I think there is some confusion in this regard. 10" PLDs in the pillars does not correlate to 10" PLDs in the kicks. Its not an arrival time issue, it a distance ratio issue. This is because, although the PLDs dont change, the angle of the speaker does. This then brings in dispersion characteristics of the driver, L/R level matching and eq capacity. 

But in my car, the PLD differences between pillars and kicks is also substantial. Ill post measurements later.


----------



## Oliver (Jun 25, 2007)

> 0-2009 #18
> Eric Stevens
> DIYMA 500 Club
> 
> ...


He understands this ^^^^ subject.


----------



## 07azhhr (Dec 28, 2011)

Orion525iT said:


> I think there is some confusion in this regard. 10" PLDs in the pillars does not correlate to 10" PLDs in the kicks. Its not an arrival time issue, it a distance ratio issue. This is because, although the PLDs dont change, the angle of the speaker does.

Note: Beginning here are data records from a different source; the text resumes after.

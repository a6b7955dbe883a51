-- ===== src/DnsCache/Tests.antt =====
-- Runs of the allocator and of the eviction, and their theorems at concrete shards.
use dimsum.Prelude.{
  ◌+◌, ℕ, ◌≡◌, refl, sym, ap, subst, Bool, true, false, Option, none, some, List, [], ◌∷◌, arith,
  replicate,
}
use dimsum.DnsCache.Arena.{
  Shard, no_slot, slot_at, bucket, scan, find_run, set_range, take_run, allocate, remove,
  evict_loop, evict, age,
}
use dimsum.DnsCache.Arena.Blocks.{Allocated, allocate-Allocated}
use dimsum.DnsCache.Arena.Sound.{IsSound}
use dimsum.DnsCache.Arena.Chance.{evict-live}
use dimsum.DnsCache.Store.{copy_at, fill, make_room, new_shard}
use dimsum.DnsCache.Store.Room.{Stored, new_shard-IsSound, make_room-IsSound}

program : Unit {0}
unfolding bucket scan find_run set_range take_run allocate remove evict_loop evict age copy_at fill
    make_room
program = tt

-- Eight slots over four blocks.
abbrev small : Shard
small = new_shard 8 4

abbrev blob : List ℕ
blob = 1 ∷ 2 ∷ 3 ∷ []

abbrev shard_of : Option (Shard × Bool) → Shard
shard_of (some r) = r.0
shard_of none = small

-- An entry in slot 5, then a second one of two blocks in slot 2.
abbrev one_entry : Shard
one_entry = shard_of (make_room 1 small 5 blob no_slot)

abbrev two_entries : Shard
two_entries = shard_of (make_room 2 one_entry 2 (replicate 300 7) no_slot)

first_place : (slot_at two_entries 5).offset ≡ 0
unfolding program
first_place = refl

second_place : (slot_at two_entries 2).offset ≡ 256
unfolding program
second_place = refl

-- Four blocks do not fit until both entries are gone.
crowded_out :
    (make_room 3 two_entries 0 (replicate 1000 7) no_slot ≡ none → ⊥)
    × ((shard_of (make_room 3 two_entries 0 (replicate 1000 7) no_slot)).evictions ≡ 2)
unfolding program
crowded_out = (λ e. cc, refl)

bucket_of_11 : bucket (new_shard 16 4) 11 ≡ 8
unfolding program
bucket_of_11 = refl

age_backwards : age 3 5 ≡ none
unfolding program
age_backwards = refl

-- Bits two to four are free: the run crosses the cursor, and is found from zero on.
abbrev split_run : Shard
split_run = record small { used = true ∷ false ∷ false ∷ true ∷ []; cursor = 2 }

across_cursor : (allocate split_run 512).1 ≡ some (256, 512)
unfolding program
across_cursor = refl

allocate-Allocated_example :
    Allocated 512 split_run ((allocate split_run 512).0) ((allocate split_run 512).1)
allocate-Allocated_example = allocate-Allocated split_run 512 (omega arith) (omega arith)

one_entry-IsSound : IsSound one_entry
one_entry-IsSound =
    let r =
      make_room-IsSound 1 small 5 blob no_slot (new_shard-IsSound 8 4 (omega arith)) refl
        (omega arith) refl (omega arith) (omega arith) (omega arith) in
    subst IsSound (sym (ap shard_of (r.1))) (r.2)

evict-live_example :
    ((evict one_entry).1 ≡ true)
    × ((evict one_entry).0.entries + 1 ≡ one_entry.entries)
    × IsSound (evict one_entry).0
    × ((i : ℕ)
        → (slot_at one_entry i).allocated ≡ 0
        → (slot_at (evict one_entry).0 i).allocated ≡ 0)
unfolding program
evict-live_example = evict-live one_entry 5 one_entry-IsSound (omega arith)

make_room-IsSound_example :
    (s' : Shard) × (make_room 1 small 5 blob no_slot ≡ some (s', true))
    × IsSound s'
    × Stored s' 5 blob no_slot
make_room-IsSound_example =
    make_room-IsSound 1 small 5 blob no_slot (new_shard-IsSound 8 4 (omega arith)) refl
      (omega arith) refl (omega arith) (omega arith) (omega arith)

Correct me if I am wrong here but you can vary the amount of on/off axis of either location. Unless that is not what you are meaning.


----------



## 07azhhr (Dec 28, 2011)

thehatedguy said:


> http://www.diymobileaudio.com/forum...ussion/60146-creating-perfect-soundstage.html


I will have to see if I can read that thread tomorrow.


----------



## 14642 (May 19, 2008)

It's pretty simple. A PLD of one foot puts the first notch in the comb filter at 2kHz. THe comb is a bigger imaging problem than it is a frequency response problem because the speakers are out of phase at that frequency. Below that, there's no comb. Because the distance between our ears is about 7-10 inches, we don't hear phase very well (for localization) between 1 and 3k, and we don't hear it very easily above that because the wavelengths are so small. 

So, kick panels help get the mids closer to being in phase. They also move the speakers away from the worst of the reflecting surfaces (windshield and windows).


----------



## Orion525iT (Mar 6, 2011)

07azhhr said:


> Correct me if I am wrong here but you can vary the amount of on/off axis of either location. Unless that is not what you are meaning.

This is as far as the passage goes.